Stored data
====

-- ===== src/Testing/Live.antt =====
-- An engine that keeps to the protocol is never stuck: runs of the harness.
use bapi.Server.{new_state}
use bapi.Go.Run.{◌>>◌, ◌>>=◌, pure, returned, Action}
use bapi.Base.{some, length, refl, arith, ◌∷◌, [], none, true, ◌≡◌, false, List}
use bapi.Types.{
  GenesisDoc, CommitResult, BlockOutcome, HandshakeResponse, FinalizedBlock, HandshakeRequest,
}
use bapi.Server.{new, discover_capabilities, pending_outcome, ServerState, Server}
use bapi.Guard.{
  complete_handshake, acquire_handshake, new_guard, complete_commit, acquire_commit,
  complete_execute, acquire_execute, state_ready, Guard,
}
use bapi.Testing.Harness.{new_harness, fatal_if, on_server, Bench}
use bapi.Interfaces.{App}
use bapi.Testing.Harness
use bapi.Server

abbrev pub open_guard : Guard
open_guard = record { state = state_ready; seq_mu = false; handshake_done = true }

-- What an application promises: it answers the handshake, and answers each block and each commit in
-- its turn, without an error. `I` holds of its state between blocks and `J` before a commit.
pub record Serving {S : Type 0} (app : App S) (I J : S → Type 0) : Type 0 where
  pub shakes :
      (req : HandshakeRequest) (s : S)
      → I s
      → (r : HandshakeResponse) × (t : S) × (app.lifecycle.handshake req s ≡ returned (r, none) t)
        × (discover_capabilities app r.capabilities ≡ none)
        × I t
  pub executes :
      (b : FinalizedBlock) (s : S)
      → I s
      → (o : BlockOutcome) × (t : S) × (app.lifecycle.execute_block b s ≡ returned (o, none) t)
        × J t
  pub commits :
      (s : S)
      → J s
      → (r : CommitResult) × (t : S) × (app.lifecycle.commit s ≡ returned (r, none) t) × I t

-- Between blocks, with nothing reported.
pub record Idle {S : Type 0} (I : S → Type 0) (b : Bench (ServerState S)) : Type 0 where
  pub guard_open : b.under.guard ≡ open_guard
  pub nothing_pending : pending_outcome b.under ≡ none
  pub no_report : b.reports ≡ []
  pub app_idle : I b.under.app_state

module _ {S : Type 0} (srv : Server S) where
  -- Blocks decided one after the other.
  unfoldable pub drive : List FinalizedBlock → Action (Bench (ServerState S)) (List BlockOutcome)
  drive [] = pure []
  drive (b ∷ bs) = do o ← Harness.execute_and_commit srv b; os ← drive bs; pure (o ∷ os)

module _ {S : Type 0} (app : App S) where
  open app use {lifecycle}

  -- The same blocks given to the application alone.
  unfoldable pub alone : List FinalizedBlock → Action S (List BlockOutcome)
  alone [] = pure []
  alone (b ∷ bs) = do
    (o, e) ← lifecycle.execute_block b
    lifecycle.commit
    os ← alone bs
    pure (o ∷ os)

  unfoldable pub genesis_alone : GenesisDoc → List FinalizedBlock → Action S (List BlockOutcome)
  unfolding alone
  genesis_alone doc bs = do
    lifecycle.handshake (record { last_committed = none; genesis = some doc })
    alone bs

module _ {S : Type 0} (app : App S) {I J : S → Type 0} (h : Serving app I J) where
  cycle :
      (block : FinalizedBlock) (b : Bench (ServerState S))
      → Idle I b
      → (o : BlockOutcome) × (t : Bench (ServerState S)) × (Harness.execute_and_commit
            (new app)
            block
            b
          ≡ returned o t)
        × Idle I t
        × ((bs : List FinalizedBlock) (os : List BlockOutcome) (x : S)
            → alone app bs t.under.app_state ≡ returned os x
            → alone app (block ∷ bs) b.under.app_state ≡ returned (o ∷ os) x)
  unfolding Harness.execute_and_commit Harness.execute_block Harness.commit on_server fatal_if
      Server.execute_block Server.commit acquire_execute complete_execute acquire_commit
      complete_commit new pending_outcome alone
  cycle block b w =
      let (o, u, e, j) = h.executes block b.under.app_state w.app_idle in
      let (r, v, c, i) = h.commits u j in
      (
        o,
        record b {
          under = record b.under {
            app_state = v;
            last_outcome = none;
            last_exec_height = block.height;
          };
        },
        ground (arith, w.guard_open, e, c),
        record {
          guard_open = w.guard_open;
          nothing_pending = refl;
          no_report = w.no_report;
          app_idle = i;
        },
        λ bs os x q. ground (arith, e, c, q),
      )

  cycles :
      (blocks : List FinalizedBlock) (b : Bench (ServerState S))
      → Idle I b
      → (os : List BlockOutcome) × (t : Bench (ServerState S)) × (drive (new app) blocks b
          ≡ returned os t)
        × (alone app blocks b.under.app_state ≡ returned os t.under.app_state)
        × (length os ≡ length blocks)
        × Idle I t
  unfolding drive alone
  cycles [] b w = ([], b, refl, refl, refl, w)
  cycles (block ∷ blocks) b w =
      let (o, u, e, v, n) = cycle block b w in
      let (os, t, f, a, l, x) = cycles blocks u v in
      (o ∷ os, t, ground (arith, e, f), n blocks os t.under.app_state a, ground (arith, l), x)

  genesis-Idle :
      (doc : GenesisDoc) (s : S)
      → I s
      → (r : HandshakeResponse) × (t : Bench (ServerState S)) × (Harness.genesis
            (new app)
            doc
            (new_harness s)
          ≡ returned r t)
        × (app.lifecycle.handshake (record { last_committed = none; genesis = some doc }) s
            ≡ returned (r, none) t.under.app_state)
        × Idle I t
  unfolding Harness.genesis on_server fatal_if new_harness new_state new_guard Server.handshake
      acquire_handshake complete_handshake new pending_outcome
  genesis-Idle doc s i =
      let (r, u, e, k, j) = h.shakes (record { last_committed = none; genesis = some doc }) s i in
      (
        r,
        record {
          reports = [];
          under = record (new_state s) { app_state = u; guard = open_guard; caps = r.capabilities };
        },
        ground (arith, e, k),
        e,
        record { guard_open = refl; nothing_pending = refl; no_report = refl; app_idle = j },
      )

  -- Around an application that answers the handshake, each block and each commit without an error,
  -- the harness is never stuck: after the genesis handshake every list of blocks can be executed and
  -- committed one after the other, each block has its outcome, the one that the application
  -- alone gives when it is called in this order, and leaves the application's state as it does then.
  -- Nothing is reported to the test, and at the end the server is ready for more, with no outcome
  -- pending.
  pub never_stuck :
      (doc : GenesisDoc) (blocks : List FinalizedBlock) (s : S)
      → I s
      → (os : List BlockOutcome) × (t : Bench (ServerState S)) × ((Harness.genesis (new app) doc
              >> drive (new app) blocks)
            (new_harness s)
          ≡ returned os t)
        × (genesis_alone app doc blocks s ≡ returned os t.under.app_state)
        × (length os ≡ length blocks)
        × Idle I t
  unfolding genesis_alone
  never_stuck doc blocks s i =
      let (r, b, e, k, w) = genesis-Idle doc s i in
      let (os, t, f, a, l, v) = cycles blocks b w in
      (os, t, ground (arith, e, f), ground (arith, k, a), l, v)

====

• _Work to complete_:
Reproduce exactly the lines above from the line with "unfoldable pub drive" to the line with "let (o, u, e, j)", including both, and add nothing.

• _Response to the exercise_:
  unfoldable pub drive : List FinalizedBlock → Action (Bench (ServerState S)) (List BlockOutcome)
  drive [] = pure []
  drive (b ∷ bs) = do o ← Harness.execute_and_commit srv b; os ← drive bs; pure (o ∷ os)

module _ {S : Type 0} (app : App S) where
  open app use {lifecycle}

  -- The same blocks given to the application alone.
  unfoldable pub alone : List FinalizedBlock → Action S (List BlockOutcome)
  alone [] = pure []
  alone (b ∷ bs) = do
    (o, e) ← lifecycle.execute_block b
    lifecycle.commit
    os ← alone bs
    pure (o ∷ os)

  unfoldable pub genesis_alone : GenesisDoc → List FinalizedBlock → Action S (List BlockOutcome)
  unfolding alone
  genesis_alone doc bs = do
    lifecycle.handshake (record { last_committed = none; genesis = some doc })
    alone bs

module _ {S : Type 0} (app : App S) {I J : S → Type 0} (h : Serving app I J) where
  cycle :
      (block : FinalizedBlock) (b : Bench (ServerState S))
      → Idle I b
      → (o : BlockOutcome) × (t : Bench (ServerState S)) × (Harness.execute_and_commit
            (new app)
            block
            b
          ≡ returned o t)
        × Idle I t
        × ((bs : List FinalizedBlock) (os : List BlockOutcome) (x : S)
            → alone app bs t.under.app_state ≡ returned os x
            → alone app (block ∷ bs) b.under.app_state ≡ returned (o ∷ os) x)
  unfolding Harness.execute_and_commit Harness.execute_block Harness.commit on_server fatal_if
      Server.execute_block Server.commit acquire_execute complete_execute acquire_commit
      complete_commit new pending_outcome alone
  cycle block b w =
      let (o, u, e, j) = h.executes block b.under.app_state w.app_idle in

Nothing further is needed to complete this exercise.